The execution plane defines how AI-enabled workflows are controlled, paused, and audited.


Conceptual Overview

The execution plane is a shared control layer that governs how AI participates in enterprise workflows.

In this model:

  • Agents perform computation
  • Gantral governs execution state
  • Humans retain authority over material decisions

The execution plane is designed to be vendor-neutral and framework-agnostic.


Responsibility Boundaries

Gantral is designed to:

  • Accept execution events from agents
  • Evaluate control policies
  • Transition execution state
  • Require human input where configured
  • Record decisions and context

Agents are expected to:

  • Emit execution events
  • Consume decisions or approvals
  • Avoid embedding governance logic

This separation is intended to reduce ambiguity and conflict of interest.

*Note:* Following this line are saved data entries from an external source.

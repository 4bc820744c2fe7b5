-- ===== src/Auth/Tests.antt =====
-- Tokens against a small cache file.
use terraform_provider_redpa.Base.{
  ℕ, ◌≡◌, refl, none, some, [], ◌∷◌, ◌++◌, arith, if◌then◌else◌, Text, codes, same, lookup,
  HasDistinctKeys, ◌⊎◌,
}
use terraform_provider_redpa.Errors.{reply}
use terraform_provider_redpa.Lookup.{Wrapping}
use terraform_provider_redpa.Auth.Cache.{CacheEntry, CacheContent, decoded, read_cache}
use terraform_provider_redpa.Auth.Cache.Expiry.{unexpired}
use terraform_provider_redpa.Auth.Token.{OauthToken, Call, entry_of, token}
use terraform_provider_redpa.Auth.Token.Laws.{IsFresh, token_fetched}
use terraform_provider_redpa.Auth.Source.{Environment}

abbrev prefixing : Wrapping
prefixing = record {
  wrap = λ t err. record err { text = t ++ err.text };
  wrap-text = λ t err. refl;
}

abbrev me : Text
me = codes "aud:me"

abbrev entry : ℕ → CacheEntry
entry t = record { access_token = codes "tok"; token_type = codes "Bearer"; expiry = t }

abbrev file : CacheContent
file = decoded (some ((me, entry 90000000000) ∷ (codes "aud:old", entry 5) ∷ []))

abbrev fresh_token : OauthToken
fresh_token = record {
  access_token = codes "new";
  token_type = codes "Bearer";
  expiry = 200000000000;
}

abbrev call_at : ℕ → Call
call_at t = record { expiry_now = t; ttl_now = t; inner = reply fresh_token; write_failure = none }

distinct_keys : HasDistinctKeys (read_cache file).0
unfolding read_cache lookup same
distinct_keys = (refl, (refl, tt))

late_stale : (e : CacheEntry) → ¬ IsFresh me (call_at 80000000000) file e
unfolding read_cache lookup same
late_stale e (found, fresh) = ground arith

token_fetched_example :
    ((token prefixing me (call_at 80000000000) file).1 ≡ reply fresh_token)
    × (((left : CacheContent) × ((call_at 80000000000).write_failure ≡ some left))
        ⊎ ((k : Text)
            → lookup k (read_cache (token prefixing me (call_at 80000000000) file).0).0 ≡ (
                if same me k
                then some (entry_of fresh_token)
                else unexpired 80000000000 (lookup k (read_cache file).0))))
token_fetched_example =
    token_fetched prefixing me (call_at 80000000000) file distinct_keys late_stale fresh_token refl

abbrev home : Environment
home = record {
  user_cache_dir = some (codes "/c");
  cache_disable = [];
  file_path_join = λ a b c. a ++ (codes "/" ++ (b ++ (codes "/" ++ c)));
}
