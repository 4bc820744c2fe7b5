-- ===== src/Avro.antt =====
-- redpanda/models/schema/avro_canonicalize.go: when two Avro schemas count as the same. The decoder and
-- the encoder of encoding/json are parameters; the members of an object have different keys.
pub mod Slack
mod Tests
use terraform_provider_redpa.Base.{
  ℕ, zero, suc, ◌+◌, ◌-◌, ◌*◌, ◌/◌, ◌%◌, ◌^◌, ◌≤◌, ◌<◌, ◌≡◌, refl, sym, ap, ◌∙◌, ◌≢◌, ◌↔◌, ◌⊎◌, inl,
  inr, Bool, true, false, not, ◌&&◌, ◌||◌, Option, none, some, List, [], ◌∷◌, ◌++◌, map, arith, ltb,
  leb, ◌==◌, if◌then◌else◌, ltb→lt, ==_iff, ==_refl, Bool-cases, is_some, Option-cases, length,
  drop, length-append, length-drop, drop-append, All, All-append, Text, codes, same, is_empty,
  strip, has_prefix, or_else, trim_prefix, trim_suffix, contains, to_lower, cut, split, trim_func,
  trim_space, trim_quotes, join, same_sound, same_refl, same_iff, strip-append, strip_sound,
  has_prefix-append, trim_prefix-append, contains-append_middle, to_lower-append, Dict, lookup,
  insert, delete, lookup-insert, lookup-delete, HasDistinctKeys, ℤ, pos, negsuc, atoi,
  insert-HasDistinctKeys, delete-HasDistinctKeys,
}

-- A decoded value. What is neither a string, nor an array, nor an object is a `scalar`.
mutual
  pub data Json : Type 0 where
    scalar : Text → Json
    string_value : Text → Json
    array : Items → Json
    object : Members → Json

  pub data Items : Type 0 where
    no_items : Items
    item : Json → Items → Items

  pub data Members : Type 0 where
    no_members : Members
    member : Text → Json → Members → Members

abbrev pub is_one_of : Text → List Text → Bool
is_one_of s [] = false
is_one_of s (t ∷ ts) = same s t || is_one_of s ts

abbrev avro_primitives : List Text
avro_primitives =
    codes "null"
    ∷ codes "boolean"
    ∷ codes "int"
    ∷ codes "long"
    ∷ codes "float"
    ∷ codes "double"
    ∷ codes "bytes"
    ∷ codes "string"
    ∷ codes "record"
    ∷ codes "enum"
    ∷ codes "array"
    ∷ codes "map"
    ∷ codes "union"
    ∷ codes "fixed"
    ∷ codes "error"
    ∷ []

unfoldable pub is_non_essential : Text → Bool
is_non_essential key =
    is_one_of key (codes "doc" ∷ codes "aliases" ∷ codes "default" ∷ codes "order" ∷ [])

unfoldable pub is_type_key : Text → Bool
is_type_key key = is_one_of key (codes "type" ∷ codes "items" ∷ codes "values" ∷ [])

unfoldable pub resolve_type_name : (ref ns : Text) → Text
resolve_type_name ref ns =
    if is_one_of ref avro_primitives
    then ref
    else if contains ref (codes ".") || is_empty ns
    then ref
    else ns ++ (codes "." ++ ref)

-- What stands before the last dot.
abbrev before_last_dot : Text → Option Text
before_last_dot [] = none
before_last_dot (c ∷ s) = elim (before_last_dot s) [
  | some p ↦ some (c ∷ p)
  | none ↦ if c == 46 then some [] else none
]

abbrev string_at : Text → Members → Option Text
string_at k no_members = none
string_at k (member j (string_value s) ms) =
    let rest = string_at k ms in if same j k then some s else rest
string_at k (member j v ms) = let rest = string_at k ms in if same j k then none else rest

abbrev namespace_by_name : Text → Option Text → Text
namespace_by_name ns none = ns
namespace_by_name ns (some name) = elim (before_last_dot name) [
  | none ↦ ns
  | some p ↦ if is_empty p then ns else p
]

-- The namespace inside an object.
unfoldable pub current_namespace : Text → Members → Text
current_namespace ns ms = elim (string_at (codes "namespace") ms) [
  | none ↦ namespace_by_name ns (string_at (codes "name") ms)
  | some n ↦ if is_empty n then namespace_by_name ns (string_at (codes "name") ms) else n
]

-- A string in the place of a type is a type's name.
abbrev pub as_reference : Text → Json → Json → Json
as_reference ns (string_value s) resolved = string_value (resolve_type_name s ns)
as_reference ns (scalar s) resolved = resolved
as_reference ns (array xs) resolved = resolved
as_reference ns (object ms) resolved = resolved

unfoldable mutual
  pub resolve_type_refs : Text → Json → Json
  resolve_type_refs ns (object ms) = object (resolve_members (current_namespace ns ms) ms)
  resolve_type_refs ns (array xs) = array (resolve_items ns xs)
  resolve_type_refs ns (string_value s) = string_value s
  resolve_type_refs ns (scalar s) = scalar s

  pub resolve_members : Text → Members → Members
  resolve_members current no_members = no_members
  resolve_members current (member k v ms) =
      let rest = resolve_members current ms in
      let value = resolve_type_refs current v in
      if is_non_essential k
      then rest
      else member k (if is_type_key k then as_reference current v value else value) rest

  pub resolve_items : Text → Items → Items
  resolve_items ns no_items = no_items
  resolve_items ns (item v xs) =
      item (as_reference ns v (resolve_type_refs ns v)) (resolve_items ns xs)

-- `strings.TrimRight(s, "\n")`.
abbrev pub trim_newlines : Text → Text
trim_newlines [] = []
trim_newlines (c ∷ s) =
    let rest = trim_newlines s in if c == 10 && is_empty rest then [] else c ∷ rest

module _ (decode : Text → Option Json) (encode : Json → Option Text) where
  abbrev pub encoded : Option Text → Option Text
  encoded none = none
  encoded (some s) = some (trim_newlines s)

  abbrev pub canon_root : Option Json → Option Text
  canon_root none = none
  canon_root (some root) = encoded (encode (resolve_type_refs [] root))

  unfoldable pub canonicalize_avro_body : Text → Option Text
  canonicalize_avro_body [] = some []
  canonicalize_avro_body (c ∷ s) = canon_root (decode (c ∷ s))

  abbrev pub same_form : Option Text → Option Text → Bool
  same_form none cb = false
  same_form (some ca) none = false
  same_form (some ca) (some cb) = same ca cb

  unfoldable pub avro_bodies_equivalent : (a b : Text) → Bool
  avro_bodies_equivalent a b =
      if same a b then true else same_form (canonicalize_avro_body a) (canonicalize_avro_body b)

Why a Separate Execution Plane

In many AI workflows, the same system both performs actions and records outcomes.

Gantral is designed to separate these concerns to support:

  • Clear authority boundaries
  • Independent auditability
  • Policy changes without code modification

This separation is architectural, not organizational.


Integration Model

The execution plane integrates with:

  • Agent frameworks (via SDKs or APIs)
  • Enterprise tools (via adapters or webhooks)
  • Policy configuration systems

Adapters are intended to be thin and free of business logic.


Limitations

The execution plane does not:

  • Validate AI correctness
  • Ensure business outcomes
  • Enforce organizational policy completeness

It provides execution control mechanisms that organizations may adopt and configure.